WHAT THIS TASK INVOLVES: In the entries below, find the line containing "count-Below : (a" and the line containing "inl lt ↦ lt". Copy those two lines and everything between them exactly, and only that.
** Opening SUPPLIED DATA block **
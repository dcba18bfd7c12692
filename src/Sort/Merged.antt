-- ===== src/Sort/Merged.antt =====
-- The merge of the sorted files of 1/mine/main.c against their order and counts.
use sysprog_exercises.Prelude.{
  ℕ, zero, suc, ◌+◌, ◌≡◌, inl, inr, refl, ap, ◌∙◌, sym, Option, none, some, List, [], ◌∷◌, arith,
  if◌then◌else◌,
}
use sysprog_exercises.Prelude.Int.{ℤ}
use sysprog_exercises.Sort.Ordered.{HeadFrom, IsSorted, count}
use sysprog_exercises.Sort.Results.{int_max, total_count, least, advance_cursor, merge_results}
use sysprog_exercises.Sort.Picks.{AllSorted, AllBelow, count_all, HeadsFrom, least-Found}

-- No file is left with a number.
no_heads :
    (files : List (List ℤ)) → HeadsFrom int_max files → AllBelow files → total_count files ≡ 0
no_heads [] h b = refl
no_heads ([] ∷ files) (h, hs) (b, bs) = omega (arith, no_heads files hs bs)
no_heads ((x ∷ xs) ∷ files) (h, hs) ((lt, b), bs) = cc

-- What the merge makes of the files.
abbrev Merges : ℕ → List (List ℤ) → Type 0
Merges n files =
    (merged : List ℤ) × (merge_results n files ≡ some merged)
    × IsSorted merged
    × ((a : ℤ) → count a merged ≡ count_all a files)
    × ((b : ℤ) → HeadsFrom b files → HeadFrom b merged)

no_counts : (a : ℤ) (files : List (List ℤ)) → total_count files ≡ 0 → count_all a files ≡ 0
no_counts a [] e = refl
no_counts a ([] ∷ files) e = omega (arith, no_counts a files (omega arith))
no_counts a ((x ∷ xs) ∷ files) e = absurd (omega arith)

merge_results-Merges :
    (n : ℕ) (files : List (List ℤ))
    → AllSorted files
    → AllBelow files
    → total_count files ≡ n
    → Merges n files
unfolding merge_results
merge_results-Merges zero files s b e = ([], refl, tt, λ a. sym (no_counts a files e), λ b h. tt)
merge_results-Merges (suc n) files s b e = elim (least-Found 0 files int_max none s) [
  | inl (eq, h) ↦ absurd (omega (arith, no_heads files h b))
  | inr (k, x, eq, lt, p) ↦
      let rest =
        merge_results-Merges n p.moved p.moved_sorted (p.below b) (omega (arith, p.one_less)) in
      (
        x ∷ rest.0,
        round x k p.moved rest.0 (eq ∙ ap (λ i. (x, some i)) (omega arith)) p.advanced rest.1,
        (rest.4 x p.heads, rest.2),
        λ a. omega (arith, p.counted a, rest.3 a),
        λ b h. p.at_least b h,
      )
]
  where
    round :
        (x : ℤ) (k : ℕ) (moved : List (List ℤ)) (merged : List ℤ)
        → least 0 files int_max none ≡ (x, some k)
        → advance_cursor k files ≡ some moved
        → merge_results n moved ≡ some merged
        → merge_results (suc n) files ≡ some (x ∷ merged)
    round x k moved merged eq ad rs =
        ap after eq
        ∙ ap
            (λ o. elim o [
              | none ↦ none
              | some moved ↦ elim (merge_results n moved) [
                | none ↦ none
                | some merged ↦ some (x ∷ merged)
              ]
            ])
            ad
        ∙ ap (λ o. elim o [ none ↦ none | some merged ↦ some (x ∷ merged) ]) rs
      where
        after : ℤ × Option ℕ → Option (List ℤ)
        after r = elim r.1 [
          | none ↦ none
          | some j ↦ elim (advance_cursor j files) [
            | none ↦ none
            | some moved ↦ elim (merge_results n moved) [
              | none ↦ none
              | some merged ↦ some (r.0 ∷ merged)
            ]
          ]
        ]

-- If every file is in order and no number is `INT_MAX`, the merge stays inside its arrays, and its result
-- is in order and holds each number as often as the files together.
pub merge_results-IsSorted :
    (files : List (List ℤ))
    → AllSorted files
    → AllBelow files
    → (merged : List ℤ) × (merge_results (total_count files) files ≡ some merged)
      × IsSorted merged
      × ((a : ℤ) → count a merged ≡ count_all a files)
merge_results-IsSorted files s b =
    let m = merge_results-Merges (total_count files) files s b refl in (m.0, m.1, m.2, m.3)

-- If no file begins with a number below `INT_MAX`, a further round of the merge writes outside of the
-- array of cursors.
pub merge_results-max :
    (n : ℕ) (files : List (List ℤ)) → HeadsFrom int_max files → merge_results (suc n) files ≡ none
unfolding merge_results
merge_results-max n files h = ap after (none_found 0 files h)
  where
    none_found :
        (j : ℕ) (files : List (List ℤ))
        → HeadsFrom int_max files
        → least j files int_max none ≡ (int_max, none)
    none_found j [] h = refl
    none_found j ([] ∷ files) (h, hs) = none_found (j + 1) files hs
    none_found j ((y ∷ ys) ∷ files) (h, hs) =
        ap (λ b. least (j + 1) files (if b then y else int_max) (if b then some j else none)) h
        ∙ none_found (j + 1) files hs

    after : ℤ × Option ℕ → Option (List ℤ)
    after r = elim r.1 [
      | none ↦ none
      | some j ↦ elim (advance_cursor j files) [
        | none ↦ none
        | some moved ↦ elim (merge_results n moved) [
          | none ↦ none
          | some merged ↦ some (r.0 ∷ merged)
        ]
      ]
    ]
** Closing SUPPLIED DATA block **
** Opening SUPPLIED DATA block **
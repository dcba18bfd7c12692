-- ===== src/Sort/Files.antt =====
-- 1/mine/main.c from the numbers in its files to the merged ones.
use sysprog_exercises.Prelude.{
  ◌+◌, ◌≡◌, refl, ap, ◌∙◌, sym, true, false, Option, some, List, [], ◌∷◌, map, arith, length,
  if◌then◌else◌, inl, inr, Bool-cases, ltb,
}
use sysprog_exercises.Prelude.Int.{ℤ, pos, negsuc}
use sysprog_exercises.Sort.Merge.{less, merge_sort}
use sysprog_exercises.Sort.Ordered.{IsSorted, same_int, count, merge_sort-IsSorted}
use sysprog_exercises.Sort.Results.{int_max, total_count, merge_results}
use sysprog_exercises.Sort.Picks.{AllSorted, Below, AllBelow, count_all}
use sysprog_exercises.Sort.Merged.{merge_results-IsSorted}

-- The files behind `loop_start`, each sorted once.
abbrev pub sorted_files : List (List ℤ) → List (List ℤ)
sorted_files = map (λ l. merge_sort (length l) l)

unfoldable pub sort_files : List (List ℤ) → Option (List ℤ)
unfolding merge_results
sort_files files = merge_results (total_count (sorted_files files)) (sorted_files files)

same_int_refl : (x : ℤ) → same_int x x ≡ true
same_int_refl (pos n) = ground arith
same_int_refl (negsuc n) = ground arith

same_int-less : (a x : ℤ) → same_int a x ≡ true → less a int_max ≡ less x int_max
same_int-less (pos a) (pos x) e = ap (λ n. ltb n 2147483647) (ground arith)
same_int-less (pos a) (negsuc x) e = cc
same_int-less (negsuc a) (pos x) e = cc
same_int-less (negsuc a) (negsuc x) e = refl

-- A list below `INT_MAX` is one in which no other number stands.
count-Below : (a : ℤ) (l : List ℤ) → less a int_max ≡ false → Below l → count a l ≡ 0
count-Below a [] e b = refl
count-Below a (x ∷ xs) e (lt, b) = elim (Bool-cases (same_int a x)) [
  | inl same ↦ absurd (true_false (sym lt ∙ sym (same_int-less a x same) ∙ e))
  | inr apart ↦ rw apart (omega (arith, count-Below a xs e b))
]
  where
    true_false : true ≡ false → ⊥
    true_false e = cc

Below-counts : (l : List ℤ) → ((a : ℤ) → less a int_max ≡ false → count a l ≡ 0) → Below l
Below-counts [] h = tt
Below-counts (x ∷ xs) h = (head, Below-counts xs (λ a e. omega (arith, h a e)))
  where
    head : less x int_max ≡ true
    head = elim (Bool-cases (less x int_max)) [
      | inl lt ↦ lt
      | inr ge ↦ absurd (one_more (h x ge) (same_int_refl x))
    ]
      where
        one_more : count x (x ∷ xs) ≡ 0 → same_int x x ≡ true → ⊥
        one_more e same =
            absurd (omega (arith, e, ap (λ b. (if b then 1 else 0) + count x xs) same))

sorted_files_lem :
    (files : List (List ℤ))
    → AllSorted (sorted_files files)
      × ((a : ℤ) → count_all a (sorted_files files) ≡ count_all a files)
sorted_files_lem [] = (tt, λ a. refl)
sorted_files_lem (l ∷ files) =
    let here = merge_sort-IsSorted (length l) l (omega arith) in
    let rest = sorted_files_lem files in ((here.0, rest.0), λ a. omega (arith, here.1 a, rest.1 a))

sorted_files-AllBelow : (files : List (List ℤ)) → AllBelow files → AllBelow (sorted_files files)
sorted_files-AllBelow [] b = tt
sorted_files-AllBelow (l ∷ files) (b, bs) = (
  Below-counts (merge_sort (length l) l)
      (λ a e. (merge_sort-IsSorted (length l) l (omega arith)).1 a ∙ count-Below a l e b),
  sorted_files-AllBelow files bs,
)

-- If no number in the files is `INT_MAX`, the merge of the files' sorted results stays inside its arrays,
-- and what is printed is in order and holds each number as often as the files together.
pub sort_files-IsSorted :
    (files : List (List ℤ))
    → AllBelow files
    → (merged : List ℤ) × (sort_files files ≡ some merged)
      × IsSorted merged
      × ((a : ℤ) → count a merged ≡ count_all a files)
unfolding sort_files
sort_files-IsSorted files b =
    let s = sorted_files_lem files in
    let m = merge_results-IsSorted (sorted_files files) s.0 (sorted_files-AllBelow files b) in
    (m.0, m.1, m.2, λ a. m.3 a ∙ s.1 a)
** Closing SUPPLIED DATA block **
REPLY:
count-Below : (a : ℤ) (l : List ℤ) → less a int_max ≡ false → Below l → count a l ≡ 0
count-Below a [] e b = refl
count-Below a (x ∷ xs) e (lt, b) = elim (Bool-cases (same_int a x)) [
  | inl same ↦ absurd (true_false (sym lt ∙ sym (same_int-less a x same) ∙ e))
  | inr apart ↦ rw apart (omega (arith, count-Below a xs e b))
]
  where
    true_false : true ≡ false → ⊥
    true_false e = cc

Below-counts : (l : List ℤ) → ((a : ℤ) → less a int_max ≡ false → count a l ≡ 0) → Below l
Below-counts [] h = tt
Below-counts (x ∷ xs) h = (head, Below-counts xs (λ a e. omega (arith, h a e)))
  where
    head : less x int_max ≡ true
    head = elim (Bool-cases (less x int_max)) [
      | inl lt ↦ lt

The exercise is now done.